EU-Kommissionspräsidentin Ursula von der Leyen appellierte an die Mitgliedstaaten, eine Lösung für die Migrationsfrage zu finden. Es sei nun Zeit für alle, zu handeln und die Aufgabe gemeinsam zu bewältigen, sagte sie. „Es geht nicht um die Frage, ob Mitgliedstaaten mit Solidarität und Beiträgen unterstützen, sondern wie sie unterstützen.“

Die Pläne gehen nun an die Mitgliedstaaten und das Europaparlament. Die Kommission forderte beide Seiten angesichts der „Dringlichkeit der Situation vor Ort in mehreren Mitgliedstaaten“ auf, sich „bis zum Jahresende“ auf die „Grundprinzipien“ der Reform zu einigen.
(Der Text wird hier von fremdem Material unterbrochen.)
-- ===== src/Matchmaking/Tagged.antt =====
-- A wire of tagged values, for the tests.
use hax_war.Base.{ℕ, ◌≡◌, refl, ap, Bool, false, List, [], ◌∷◌, Text}
use hax_war.Base.Int.{ℤ, pos}
use hax_war.Matchmaking.{Wire, IsFaithful}

mutual
  pub data Value : Type 0 where
    string_value : Text → Value
    number_value : ℤ → Value
    bool_value : Bool → Value
    group_value : Fields → Value

  pub data Fields : Type 0 where
    no_fields : Fields
    field : ℕ → Value → Fields → Fields

abbrev pub pack : List (ℕ × Value) → Fields
pack [] = no_fields
pack ((n, v) ∷ fs) = field n v (pack fs)

abbrev pub unpack : Fields → List (ℕ × Value)
unpack no_fields = []
unpack (field n v fs) = (n, v) ∷ unpack fs

unpack-pack : (fs : List (ℕ × Value)) → unpack (pack fs) ≡ fs
unpack-pack [] = refl
unpack-pack ((n, v) ∷ fs) = ap (◌∷◌ (n, v)) (unpack-pack fs)

abbrev pub string_of : Value → Text
string_of (string_value t) = t
string_of _ = []

abbrev pub number_of : Value → ℤ
number_of (number_value i) = i
number_of _ = pos 0

abbrev pub bool_of : Value → Bool
bool_of (bool_value b) = b
bool_of _ = false

abbrev pub fields_of : Value → List (ℕ × Value)
fields_of (group_value fs) = unpack fs
fields_of _ = []

abbrev pub tagged : Wire
tagged = record {
  Raw = Value;
  Bytes = Fields;
  write_string = string_value;
  read_string = string_of;
  write_int32 = number_value;
  read_int32 = number_of;
  write_enum = number_value;
  read_enum = number_of;
  write_bool = bool_value;
  read_bool = bool_of;
  write_message = λ fs. group_value (pack fs);
  read_message = fields_of;
  result_buffer = pack;
  new_reader = unpack;
}

pub tagged-IsFaithful : IsFaithful tagged
tagged-IsFaithful = record {
  string = λ t. refl;
  int32 = λ n h. refl;
  enum = λ n h. refl;
  bool = λ b. refl;
  message = unpack-pack;
  buffer = unpack-pack;
}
Seit dem Höhepunkt der Flüchtlingskrise von 2015 sind immer wieder Versuche gescheitert, Europas Asylsystem zu reformieren. Knackpunkt war immer die Verteilung von Flüchtlingen auf die anderen EU-Staaten, um Ankunftsländer wie Italien oder Griechenland an den Außengrenzen zu entlasten. Osteuropäische Staaten wie Ungarn und Polen weigerten sich kategorisch, Migranten aufzunehmen.

Dublin-Regeln sollen abgeschafft werden

Die Kommission will nun die bisher geltenden Dublin-Regeln für das europäische Asylrecht abschaffen. Es bleibt aber grundsätzlich bei dem Grundsatz, dass ein Flüchtling und Migranten seinen Asylantrag in dem Land stellen muss, in dem er zuerst in Europa ankommt.

Allerdings soll es hier mehr Flexibilität geben, sagte EU-Innenkommissarin Ylva Johansson. Wenn Flüchtlinge enge Familienbeziehungen in anderen EU-Länder hätten oder dort schon studiert oder gearbeitet hätten, sollten sie in diese Länder gebracht werden. Für Migranten, die aus Ländern kämen, für die es sehr geringe Asylanerkennungsraten von unter 20 Prozent gebe, solle es beschleunigte Asylverfahren direkt an der Grenze geben.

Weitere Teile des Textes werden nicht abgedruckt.